ニュージーランドに生息する蛾の種類はけた違い。その数なんと1800種類以上にものぼる。鳥も蝶も頼れないニュージーランドの花たちが、蛾に花粉の運搬をお願いするようになったのも必然だったというわけだ。
では、蛾にとって目立つ色って何色だろう・・って、もうお分かりのはず!
そう、その色とは・・
花の白は「夜に目立つため」
一般的に蛾が活発に動くのは夕方から夜にかけて、つまり陽が沈んでから。そんな蛾に花の位置をわかってもらうには、日光下で目立つ赤や黄色ではなく、月光を反射して暗闇でも目立つ「白」にするのが一番。

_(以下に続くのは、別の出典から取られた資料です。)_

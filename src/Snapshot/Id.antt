-- ===== src/Snapshot/Id.antt =====
-- newSnapshotID: the time and random bytes, in hexadecimal.
use scam.Base.{
  ℕ, zero, suc, ◌+◌, ◌*◌, ◌/◌, ◌%◌, ◌<◌, ◌≡◌, refl, ◌∙◌, inl, inr, true, false, List, [], ◌∷◌, ◌++◌,
  append_assoc, arith, Text, text_ltb, ltb, Bool-cases, if◌then◌else◌,
}
use scam.Base.Duration.{word}

-- The low `k` bytes of a number, the highest one first.
unfoldable pub be_bytes : ℕ → ℕ → List ℕ
be_bytes zero v = []
be_bytes (suc k) v = be_bytes k (v / 256) ++ v % 256 ∷ []

abbrev pub hex_digit : ℕ → ℕ
hex_digit d = if ltb d 10 then 48 + d else 87 + d

unfoldable pub hex : List ℕ → Text
hex [] = []
hex (b ∷ bs) = hex_digit (b / 16) ∷ hex_digit (b % 16) ∷ hex bs

-- `unix_milli` is time.Now().UnixMilli(), `random` the 8 bytes that rand.Read gives.
unfoldable pub new_snapshot_id : (unix_milli : ℕ) → (random : List ℕ) → Text
new_snapshot_id unix_milli random = hex (be_bytes 8 unix_milli ++ random)

-- 256 to the power of the number.
limit : ℕ → ℕ
limit zero = 1
limit (suc k) = limit k * 256

hex-prefix : (p r s : List ℕ) → text_ltb (hex (p ++ r)) (hex (p ++ s)) ≡ text_ltb (hex r) (hex s)
unfolding hex
hex-prefix [] r s = refl
hex-prefix (b ∷ p) r s = ground (arith, hex-prefix p r s)

hex-byte : (a b : ℕ) (r s : List ℕ) → a < b → b < 256 → text_ltb (hex (a ∷ r)) (hex (b ∷ s)) ≡ true
unfolding hex
hex-byte a b r s h k = ground arith

bytes_ltb :
    (k u v : ℕ) (r s : List ℕ)
    → u < v
    → v < limit k
    → text_ltb (hex (be_bytes k u ++ r)) (hex (be_bytes k v ++ s)) ≡ true
unfolding be_bytes limit
bytes_ltb zero u v r s h k = absurd (omega arith)
bytes_ltb (suc n) u v r s h k =
    rw
      (
        append_assoc (be_bytes n (u / 256)) (u % 256 ∷ []) r,
        append_assoc (be_bytes n (v / 256)) (v % 256 ∷ []) s,
      )
      (elim (Bool-cases (ltb (u / 256) (v / 256))) [
        | inl e ↦
            bytes_ltb n (u / 256) (v / 256) (u % 256 ∷ r) (v % 256 ∷ s) (ground arith) (omega arith)
        | inr e ↦ rw (same e) (
            hex-prefix (be_bytes n (v / 256)) (u % 256 ∷ r) (v % 256 ∷ s)
            ∙ hex-byte (u % 256) (v % 256) r s (low (same e)) (omega arith))
      ])
  where
    same : ltb (u / 256) (v / 256) ≡ false → u / 256 ≡ v / 256
    same e = ground arith

    low : u / 256 ≡ v / 256 → u % 256 < v % 256
    low q = omega arith

-- An identifier made at a later millisecond is greater as a text than one made before, whatever the
-- random bytes, until the milliseconds reach 2^64.
pub new_snapshot_id-ordered :
    (earlier later : ℕ) (r s : List ℕ)
    → earlier < later
    → later < word
    → text_ltb (new_snapshot_id earlier r) (new_snapshot_id later s) ≡ true
unfolding new_snapshot_id limit
new_snapshot_id-ordered earlier later r s h k = bytes_ltb 8 earlier later r s h k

そのため、ニュージーランドの花たちはどれも白ばかりだったのだ。
花の色一つとっても、こうして調べてみるとそれぞれに理由があって面白い。NZの花の「白」は、独自の生態系の中で考えた末に編み出された、独自の工夫の産物だったのだ。
NZに限らず、今度お花を見かけたら、「このお花は誰に花粉を運んでもらいたくてこの色なんだろうなぁ」と考えてみると面白い発見があるかもしれない。きっとそのお花も、それぞれの環境に合わせた進化を遂げているはずだから。
追記:例外的にNZクリスマスツリーとも呼ばれるポフツカワは真っ赤な花だが、こちらはツイなどのNZに数種類だけいるミツスイ科の鳥たちをお目当てにしているようだ。ただし、やはりNZでは「色つきの花」は全体でみれば例外的な存在だと言っていい。